Collected data:
- - - -

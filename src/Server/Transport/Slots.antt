-- ===== src/Server/Transport/Slots.antt =====
-- `Slots` and `WtSession` of server/src/moq/transport.rs: the operations of a session's connection that
-- are in flight. Operations are numbered in the order in which they are started; what the
-- connection gives when one is polled is an argument.
use webshooter.Base.{
  ℕ, suc, ◌≡◌, refl, ap, Bool, true, false, ◌||◌, List, [], ◌∷◌, ◌++◌, Option, none, some,
}
use webshooter.Base.Text.{Text}
use webshooter.Base.Result.{Result, ok, err}
use webshooter.Base.{codes}
use webshooter.Shared.WakeQueue.{Poll, pending, ready}
use webshooter.Server.Transport.{
  Error, closed, stream, datagram, h3_code, h3_datagram_error, h3_stream_creation_error,
}

-- A future in a slot, by the number of its operation.
abbrev pub Slot : Type 0
Slot = Option ℕ

abbrev pub is_some : Slot → Bool
is_some none = false
is_some (some op) = true

pub record Slots : Type 0 where
  pub accept_uni : Slot
  pub accept_bi : Slot
  pub open_uni : Slot
  pub open_bi : Slot
  pub closed : Slot

abbrev pub no_slots : Slots
no_slots = record {
  accept_uni = none;
  accept_bi = none;
  open_uni = none;
  open_bi = none;
  closed = none;
}

unfoldable pub busy : Slots → Bool
busy s = is_some s.accept_uni || is_some s.accept_bi || is_some s.open_uni || is_some s.open_bi

-- `poll_slot`: the slot is emptied by a poll that is ready; an empty slot is `Pending`. The
-- result names its operation.
module _ {T : Type 0} where
  unfoldable pub poll_slot : Slot → Poll T → Slot × Poll (ℕ × T)
  poll_slot none polled = (none, pending)
  poll_slot (some op) pending = (some op, pending)
  poll_slot (some op) (ready result) = (none, ready (op, result))

-- The start of an operation where none is in flight, and the number of the next one.
unfoldable pub start : Slot → ℕ → Slot × ℕ
start none next = (some next, suc next)
start (some op) next = (some op, next)

-- How an open fails: before the stream is reserved, or in its handshake.
pub data OpenError : Type 0 where
  reserving : Text → OpenError
  handshake : Text → OpenError

unfoldable pub open_error : OpenError → Error
open_error (reserving reason) = closed reason
open_error (handshake reason) = stream h3_stream_creation_error reason

-- One kind of operation, which is what `poll_accept_bi`, `poll_open_uni`, `poll_open_bi` and
-- `poll_closed` do with their slot.
module _ {T : Type 0} where
  unfoldable pub poll_operation : Slot → ℕ → Poll T → (Slot × ℕ) × Poll (ℕ × T)
  unfolding poll_slot start
  poll_operation slot next polled =
      let started = start slot next in let r = poll_slot started.0 polled in ((r.0, started.1), r.1)

  -- The results that a run of polls hands out.
  abbrev pub handed : Poll (ℕ × T) → List (ℕ × T)
  handed pending = []
  handed (ready r) = r ∷ []

  abbrev pub results : List (Poll T) → Slot → ℕ → List (ℕ × T)
  results [] slot next = []
  results (polled ∷ polls) slot next =
      let r = poll_operation slot next polled in handed r.1 ++ results polls r.0.0 r.0.1

  -- What the operations give, one after another.
  abbrev pub given : List (Poll T) → ℕ → List (ℕ × T)
  given [] op = []
  given (pending ∷ polls) op = given polls op
  given (ready result ∷ polls) op = (op, result) ∷ given polls (suc op)

-- `poll_accept_uni` and `poll_recv_datagram`: what the mux pump has queued.
unfoldable pub popped : {T : Type 0} → Poll (Option T) → Poll (Result Error T)
popped pending = pending
popped (ready (some item)) = ready (ok item)
popped (ready none) = ready (err (closed (codes "mux pump stopped")))

-- What the connection says of a datagram that is to be sent.
pub data Sending : Type 0 where
  sent : Sending
  too_large : Sending
  unsupported_by_peer : Text → Sending
  not_connected : Text → Sending

unfoldable pub poll_send_datagram : Sending → Result Error (Unit {0})
poll_send_datagram sent = ok tt
poll_send_datagram too_large = ok tt
poll_send_datagram (unsupported_by_peer reason) = err (datagram h3_datagram_error reason)
poll_send_datagram (not_connected reason) = err (closed reason)

-- `poll_write` of a send stream: what quinn says of it.
pub data Writing : Type 0 where
  written : ℕ → Writing
  stopped : ℕ → Writing
  closed_stream : Writing
  other : Text → Writing

unfoldable pub poll_write : Poll Writing → Poll (Result Error ℕ)
poll_write pending = pending
poll_write (ready (written n)) = ready (ok n)
poll_write (ready (stopped code)) =
    ready (err (stream (h3_code code) (codes "peer stopped the stream")))
poll_write (ready closed_stream) = ready (err (closed (codes "write to a closed stream")))
poll_write (ready (other reason)) = ready (err (closed reason))

module _ {T : Type 0} where
  handed_all :
      (polls : List (Poll T)) (op : ℕ)
      → (results polls (some op) (suc op) ≡ given polls op)
        × (results polls none op ≡ given polls op)
  unfolding poll_operation
  handed_all [] op = (refl, refl)
  handed_all (pending ∷ polls) op = ((handed_all polls op).0, (handed_all polls op).0)
  handed_all (ready result ∷ polls) op =
      let rest = ap (λ l. (op, result) ∷ l) (handed_all polls (suc op)).1 in (rest, rest)

  -- Whatever the polls give, a fresh handle hands out the result of each operation once, in the
  -- order in which the operations were started, and starts none while another is in flight.
  pub results-given : (polls : List (Poll T)) (op : ℕ) → results polls none op ≡ given polls op
  results-given polls op = (handed_all polls op).1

- - - -

ABOUT THIS TASK
Type out the entries again, word for word.

RESPONSE TO THIS TASK
filename src/Server/Transport/Slots.antt
-- ===== src/Server/Transport/Slots.antt =====
-- `Slots` and `WtSession` of server/src/moq/transport.rs: the operations of a session's connection that
-- are in flight. Operations are numbered in the order in which they are started; what the
-- connection gives when one is polled is an argument.
use webshooter.Base.{
  ℕ, suc, ◌≡◌, refl, ap, Bool, true, false, ◌||◌, List, [], ◌∷◌, ◌++◌, Option, none, some,
}
use webshooter.Base.Text.{Text}
use webshooter.Base.Result.{Result, ok, err}
use webshooter.Base.{codes}
use webshooter.Shared.WakeQueue.{Poll, pending, ready}
use webshooter.Server.Transport.{
  Error, closed, stream, datagram, h3_code, h3_datagram_error, h3_stream_creation_error,
}

-- A future in a slot, by the number of its operation.
abbrev pub Slot : Type 0
Slot = Option ℕ

abbrev pub is_some : Slot → Bool
is_some none = false
is_some (some op) = true

pub record Slots : Type 0 where
  pub accept_uni : Slot
  pub accept_bi : Slot
  pub open_uni : Slot
  pub open_bi : Slot
  pub closed : Slot

abbrev pub no_slots : Slots
no_slots = record {
  accept_uni = none;
  accept_bi = none;
  open_uni = none;
  open_bi = none;
  closed = none;
}

unfoldable pub busy : Slots → Bool
busy s = is_some s.accept_uni || is_some s.accept_bi || is_some s.open_uni || is_some s.open_bi

-- `poll_slot`: the slot is emptied by a poll that is ready; an empty slot is `Pending`. The
-- result names its operation.
module _ {T : Type 0} where
  unfoldable pub poll_slot : Slot → Poll T → Slot × Poll (ℕ × T)
  poll_slot none polled = (none, pending)
  poll_slot (some op) pending = (some op, pending)
  poll_slot (some op) (ready result) = (none, ready (op, result))

-- The start of an operation where none is in flight, and the number of the next one.
unfoldable pub start : Slot → ℕ → Slot × ℕ
start none next = (some next, suc next)
start (some op) next = (some op, next)

-- How an open fails: before the stream is reserved, or in its handshake.
pub data OpenError : Type 0 where
  reserving : Text → OpenError
  handshake : Text → OpenError

unfoldable pub open_error : OpenError → Error
open_error (reserving reason) = closed reason
open_error (handshake reason) = stream h3_stream_creation_error reason

-- One kind of operation, which is what `poll_accept_bi`, `poll_open_uni`, `poll_open_bi` and
-- `poll_closed` do with their slot.
module _ {T : Type 0} where
  unfoldable pub poll_operation : Slot → ℕ → Poll T → (Slot × ℕ) × Poll (ℕ × T)
  unfolding poll_slot start
  poll_operation slot next polled =
      let started = start slot next in let r = poll_slot started.0 polled in ((r.0, started.1), r.1)

  -- The results that a run of polls hands out.
  abbrev pub handed : Poll (ℕ × T) → List (ℕ × T)
  handed pending = []
  handed (ready r) = r ∷ []

  abbrev pub results : List (Poll T) → Slot → ℕ → List (ℕ × T)
  results [] slot next = []
  results (polled ∷ polls) slot next =
      let r = poll_operation slot next polled in handed r.1 ++ results polls r.0.0 r.0.1

  -- What the operations give, one after another.
  abbrev pub given : List (Poll T) → ℕ → List (ℕ × T)
  given [] op = []
  given (pending ∷ polls) op = given polls op
  given (ready result ∷ polls) op = (op, result) ∷ given polls (suc op)

-- `poll_accept_uni` and `poll_recv_datagram`: what the mux pump has queued.
unfoldable pub popped : {T : Type 0} → Poll (Option T) → Poll (Result Error T)
popped pending = pending
popped (ready (some item)) = ready (ok item)
popped (ready none) = ready (err (closed (codes "mux pump stopped")))

-- What the connection says of a datagram that is to be sent.
pub data Sending : Type 0 where
  sent : Sending
  too_large : Sending
  unsupported_by_peer : Text → Sending
  not_connected : Text → Sending

unfoldable pub poll_send_datagram : Sending → Result Error (Unit {0})
poll_send_datagram sent = ok tt
poll_send_datagram too_large = ok tt
poll_send_datagram (unsupported_by_peer reason) = err (datagram h3_datagram_error reason)
poll_send_datagram (not_connected reason) = err (closed reason)

-- `poll_write` of a send stream: what quinn says of it.
pub data Writing : Type 0 where
  written : ℕ → Writing
  stopped : ℕ → Writing
  closed_stream : Writing
  other : Text → Writing

unfoldable pub poll_write : Poll Writing → Poll (Result Error ℕ)
poll_write pending = pending
poll_write (ready (written n)) = ready (ok n)
poll_write (ready (stopped code)) =
    ready (err (stream (h3_code code) (codes "peer stopped the stream")))
poll_write (ready closed_stream) = ready (err (closed (codes "write to a closed stream")))
poll_write (ready (other reason)) = ready (err (closed reason))

module _ {T : Type 0} where
  handed_all :
      (polls : List (Poll T)) (op : ℕ)
      → (results polls (some op) (suc op) ≡ given polls op)
        × (results polls none op ≡ given polls op)
  unfolding poll_operation
  handed_all [] op = (refl, refl)
  handed_all (pending ∷ polls) op = ((handed_all polls op).0, (handed_all polls op).0)
  handed_all (ready result ∷ polls) op =
      let rest = ap (λ l. (op, result) ∷ l) (handed_all polls (suc op)).1 in (rest, rest)

  -- Whatever the polls give, a fresh handle hands out the result of each operation once, in the
  -- order in which the operations were started, and starts none while another is in flight.
  pub results-given : (polls : List (Poll T)) (op : ℕ) → results polls none op ≡ given polls op
  results-given polls op = (handed_all polls op).1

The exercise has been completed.